As a matter of public policy it is of paramount importance that the Demand Letter requirements of Fla. Stat. §627.736(11) are strictly adhered to by the parties. Medical care providers should not be permitted to loosely adhere to the Demand Letter requirements because of the additional costs that would result from litigation that could have been avoided if the insurer would have been given a fair representation of the true amount at issue. Thus, to mitigate the negative consequences of such inevitable mistakes, legislatively prescribed safeguards must be strictly adhered to for the benefit of the insured, medical care provider, and the insurer.

CONCLUSION

Based upon the foregoing analysis, the Court finds that merely attaching HCFAs to the Demand Letter, totaling the amounts of the HCFAs and demanding payment for all charges therein fails to comply with the requirements of Fla. Stat. §627.736(11) as a matter of law.

If the Health Insurance Claim Forms are to be used as an itemized statement, and all charges contained in the Health Insurance Claim Forms have not been denied then Plaintiff must account for the amounts applied to the deductible, amounts reduced to reasonable charges or any partial payments made. Otherwise, Plaintiff has failed to state the exact amount claimed and the demand has not stated with specificity the amount that the insurance carrier could pay in order to avoid the lawsuit.

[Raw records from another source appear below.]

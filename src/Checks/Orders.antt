-- ===== src/Checks/Orders.antt =====
-- The theorems on interleaved handlers, at concrete inputs.
use webhook_idp.Common.{ℕ, ◌+◌, ◌≡◌, All, refl, some, List, [], ◌∷◌}
use webhook_idp.Common.Text.{Text, txt, ◌===◌, is_blank}
use webhook_idp.Ingestion.Inbox.{
  InboxRecord, object, no_fields, ingested, tenant_id_from_string, correlation_id_from_string,
  event_type_from_string, dedup_key_from_string, ingest, is_json_object, assert_valid_payload,
  is_missing,
}
use webhook_idp.Ingestion.Store.{InboxRecordDoc, mongo_repository}
use webhook_idp.Ingestion.Ingest.{resolve_dedup_key, truthy, resolve_correlation_id}
use webhook_idp.Ingestion.Runtime.{
  ConsumeMessage, input_of, parse_envelope, validate, required, optional, present, checked,
  property,
}
use webhook_idp.Ingestion.Interleaving.{
  Task, storing, System, prepare, prepare_record, received, stored, answered, Reach, here, next,
}
use webhook_idp.Ingestion.Interleaving.Safe.{IsSafe, Reach-IsSafe}
use webhook_idp.Ingestion.Interleaving.Answered.{
  deliveries, tasks_for, answers_for, IsFitting, Reach-answers,
}
use webhook_idp.Checks.Deliveries.{sample_collection, validators, parse_json, world}

-- The same event, delivered twice.
abbrev first : ConsumeMessage
first = record { tag = 1; content = txt "x"; message_id = some (txt "m") }

abbrev second : ConsumeMessage
second = record { tag = 2; content = txt "x"; message_id = some (txt "m") }

abbrev made : InboxRecord
made = record {
  id = record { value = txt "i" };
  dedup_key = record { value = txt "m" };
  tenant_id = record { value = txt "t" };
  correlation_id = record { value = txt "r" };
  event_type = record { value = txt "order" };
  payload = object no_fields;
  received_at = 0;
  status = ingested;
}

abbrev made_again : InboxRecord
made_again = record made { received_at = 1 }

abbrev waiting : Task
waiting = record { tag = 1; phase = storing made }

-- Both are received; the second is stored and acknowledged while the first waits.
Reach-IsSafe_example :
    (s : System (List (Text × InboxRecordDoc))) × IsSafe
      (mongo_repository sample_collection)
      validators
      parse_json
      s
unfolding prepare prepare_record resolve_dedup_key resolve_correlation_id truthy ingest
    assert_valid_payload is_json_object tenant_id_from_string correlation_id_from_string
    event_type_from_string dedup_key_from_string is_missing is_blank ◌===◌ txt input_of
    parse_envelope validate required optional present checked property
Reach-IsSafe_example = (
  _,
  Reach-IsSafe (mongo_repository sample_collection) validators parse_json world _ (
      next
        (next (next (next here (received first made refl)) (received second made_again refl))
          (stored (waiting ∷ []) [] 2 made_again refl))
        (answered (waiting ∷ []) [] 2 made_again _ refl)),
)

-- The second message has its answer while the handler of the first is under way.
Reach-answers_example :
    (t : System (List (Text × InboxRecordDoc))) × (way : Reach validators parse_json
      (mongo_repository sample_collection)
      (record { world = world; under_way = []; answers = [] })
      t)
    × (((tag : ℕ)
          → deliveries (mongo_repository sample_collection) validators parse_json tag way
            ≡ tasks_for tag t.under_way + answers_for tag t.answers)
        × All IsFitting t.answers)
unfolding prepare prepare_record resolve_dedup_key resolve_correlation_id truthy ingest
    assert_valid_payload is_json_object tenant_id_from_string correlation_id_from_string
    event_type_from_string dedup_key_from_string is_missing is_blank ◌===◌ txt input_of
    parse_envelope validate required optional present checked property
Reach-answers_example = (
  _,
  next
      (next (next (next here (received first made refl)) (received second made_again refl))
        (stored (waiting ∷ []) [] 2 made_again refl))
      (answered (waiting ∷ []) [] 2 made_again _ refl),
  Reach-answers (mongo_repository sample_collection) validators parse_json world _ (
      next
        (next (next (next here (received first made refl)) (received second made_again refl))
          (stored (waiting ∷ []) [] 2 made_again refl))
        (answered (waiting ∷ []) [] 2 made_again _ refl)),
)
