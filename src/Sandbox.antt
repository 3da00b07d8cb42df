-- ===== src/Sandbox.antt =====
-- packages/idp/src/sandbox-api: the route that publishes an event onto the broker, as an internal
-- service would. `randomUUID()` takes the next of the texts that it will return; `JSON.stringify`,
-- the broker's channel and the decorators of the `class-validator` package are parameters.
pub mod Intercepted
pub mod Validated
pub mod Posted
pub mod Delivered
use webhook_idp.Common.{
  ℕ, ◌+◌, ◌≡◌, Bool, true, false, not, Option, none, some, List, [], ◌∷◌, ◌++◌, ◌==◌, length,
  if◌then◌else◌,
}
use webhook_idp.Common.Text.{Text, txt, ◌===◌}
use webhook_idp.Common.Exec.{Result, ok, err, ◌>>=◌ as bind_result}
use webhook_idp.Common.State.{Exec, pure, lift, ◌>>=◌, ◌>>◌}
use webhook_idp.Ingestion.Inbox.{
  Json, null, boolean, number, string, array, object, Fields, no_fields, field,
}
use webhook_idp.Ingestion.Runtime.{Validators, property}

-- `EventEnvelope`, which `CreateEventDto` and `CreateSandboxEventInput` have the shape of.
pub record EventEnvelope : Type 0 where
  pub event_id : Option Text
  pub correlation_id : Option Text
  pub tenant_id : Text
  pub event_type : Text
  pub payload : Json

-- A message as the publisher hands it over: its bytes, and its properties.
pub record Sent : Type 0 where
  pub body : Text
  pub content_type : Text
  pub correlation_id : Option Text

-- What the route may throw: a body that validation refuses, at a property, or a rejection by the
-- broker.
pub data Exception : Type 0 where
  bad_request : Text → Exception
  broker : Text → Exception

-- The broker's channel. A queue holds its messages in the order in which they were accepted.
pub record Channel : Type 1 where
  pub State : Type 0
  pub messages : State → Text → List Sent
  pub send_to_queue : Text → Sent → Exec State Exception (Unit {0})
  pub accepts :
      (queue : Text) (sent : Sent) (s : State)
      → (send_to_queue queue sent s).0 ≡ ok tt
      → messages (send_to_queue queue sent s).1 queue ≡ messages s queue ++ sent ∷ []

pub record World {ℓ} (State : Type ℓ) : Type ℓ where
  pub channel : State
  pub randoms : ℕ → Text
  pub drawn : ℕ

-- The values that `!value` is false of; a number is zero if its text is.
unfoldable pub truthy : Json → Bool
truthy null = false
truthy (boolean b) = b
truthy (number text) = not (text === txt "0")
truthy (string text) = not (length text == 0)
truthy (array _) = true
truthy (object _) = true

unfoldable pub is_truthy : Option Json → Bool
is_truthy none = false
is_truthy (some value) = truthy value

unfoldable pub replace : Text → Json → Fields → Fields
replace name value no_fields = no_fields
replace name value (field key old rest) =
    field key (if name === key then value else old) (replace name value rest)

unfoldable pub append : Text → Json → Fields → Fields
append name value no_fields = field name value no_fields
append name value (field key old rest) = field key old (append name value rest)

-- `body[name] = value`
unfoldable pub assign : Text → Json → Fields → Fields
assign name value fields = elim (property name fields) [
  | some _ ↦ replace name value fields
  | none ↦ append name value fields
]

unfoldable pub demanded : {A : Type 0} → Text → (Json → Option A) → Option Json → Result Exception A
demanded name check none = err (bad_request name)
demanded name check (some value) = elim (check value) [
  | some a ↦ ok a
  | none ↦ err (bad_request name)
]

-- `@IsOptional()`
unfoldable pub allowed :
    {A : Type 0} → Text → (Json → Option A) → Option Json → Result Exception (Option A)
allowed name check none = ok none
allowed name check (some null) = ok none
allowed name check (some value) = bind_result (demanded name check (some value)) λ a. ok (some a)

module _ {State : Type 0} where
  -- `randomUUID()`
  abbrev pub random_uuid : Exec (World State) Exception Text
  random_uuid w = (ok (w.randoms w.drawn), record w { drawn = w.drawn + 1 })

  -- `CorrelationIdInterceptor.intercept`: the body that the handler gets. An array is an object of
  -- the language too: it uses an id up, and has the same items after it.
  unfoldable pub intercept : Json → Exec (World State) Exception Json
  intercept (object body) =
      if is_truthy (property (txt "correlationId") body)
      then pure (object body)
      else random_uuid >>= λ id. pure (object (assign (txt "correlationId") (string id) body))
  intercept (array items) = random_uuid >>= λ id. pure (array items)
  intercept body = pure body

-- `CreateEventDto`, as validation makes it of the body of a request; `eventId` is excluded.
unfoldable pub create_event_dto : Validators → Json → Result Exception EventEnvelope
create_event_dto v (object body) =
    bind_result (allowed (txt "correlationId") v.is_uuid (property (txt "correlationId") body))
      λ correlation_id.
        bind_result (demanded (txt "tenantId") v.is_string (property (txt "tenantId") body))
          λ tenant_id.
            bind_result (demanded (txt "eventType") v.is_string (property (txt "eventType") body))
              λ event_type.
                bind_result (demanded (txt "payload") v.is_object (property (txt "payload") body))
                  λ payload. ok (record {
                    event_id = none;
                    correlation_id = correlation_id;
                    tenant_id = tenant_id;
                    event_type = event_type;
                    payload = payload;
                  })
create_event_dto v _ = err (bad_request (txt "body"))

-- A property that is undefined is not printed.
abbrev pub optional_field : Text → Option Text → Fields → Fields
optional_field name none rest = rest
optional_field name (some text) rest = field name (string text) rest

-- `{ ...envelope, eventId }`; the order of the properties is of no account.
unfoldable pub envelope_fields : EventEnvelope → Text → Fields
envelope_fields envelope event_id = optional_field (txt "correlationId") envelope.correlation_id (
    field (txt "tenantId") (string envelope.tenant_id) (
      field (txt "eventType") (string envelope.event_type) (
        field (txt "payload") envelope.payload
          (field (txt "eventId") (string event_id) no_fields))))

module _ (json_stringify : Json → Text) (channel : Channel) (queue application_name : Text) where
  -- `envelope.eventId ?? …`
  unfoldable pub event_id_of : Option Text → Exec (World channel.State) Exception Text
  event_id_of (some id) = pure id
  event_id_of none = random_uuid >>= λ uuid. pure (application_name ++ (txt "-" ++ uuid))

  abbrev pub send : Sent → Exec (World channel.State) Exception (Unit {0})
  send sent w =
      let reply = channel.send_to_queue queue sent w.channel in
      (reply.0, record w { channel = reply.1 })

  -- `RabbitMqBrokerPublisherAdapter.publish`, without its log line.
  unfoldable pub publish : EventEnvelope → Exec (World channel.State) Exception (Unit {0})
  publish envelope = do
    event_id ← event_id_of envelope.event_id
    send (record {
      body = json_stringify (object (envelope_fields envelope event_id));
      content_type = txt "application/json";
      correlation_id = envelope.correlation_id;
    })

  -- `SandboxService.publish`
  unfoldable pub service_publish : EventEnvelope → Exec (World channel.State) Exception Bool
  service_publish input = do publish input; pure true

  -- `SandboxController.create`, with the interceptor and the validation before it.
  unfoldable pub create : Validators → Json → Exec (World channel.State) Exception Bool
  create v raw = do
    body ← intercept raw
    dto ← lift (create_event_dto v body)
    result ← service_publish dto
    pure result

The Court declines to rule on the other prongs of Defendant’s Motion.JUDGMENT

IT IS HEREBY ADJUDGED that Defendant’s Motion for Summary Judgment be and same is GRANTED. Plaintiff Physical Therapy Group, LLC., (a/a/o Harry E. Morales) take nothing by this action and Defendant, Mercury Insurance Company of Florida, shall go hence without day and the Court will retain jurisdiction for the purposes of determining any motion by Defendant to tax fees and costs.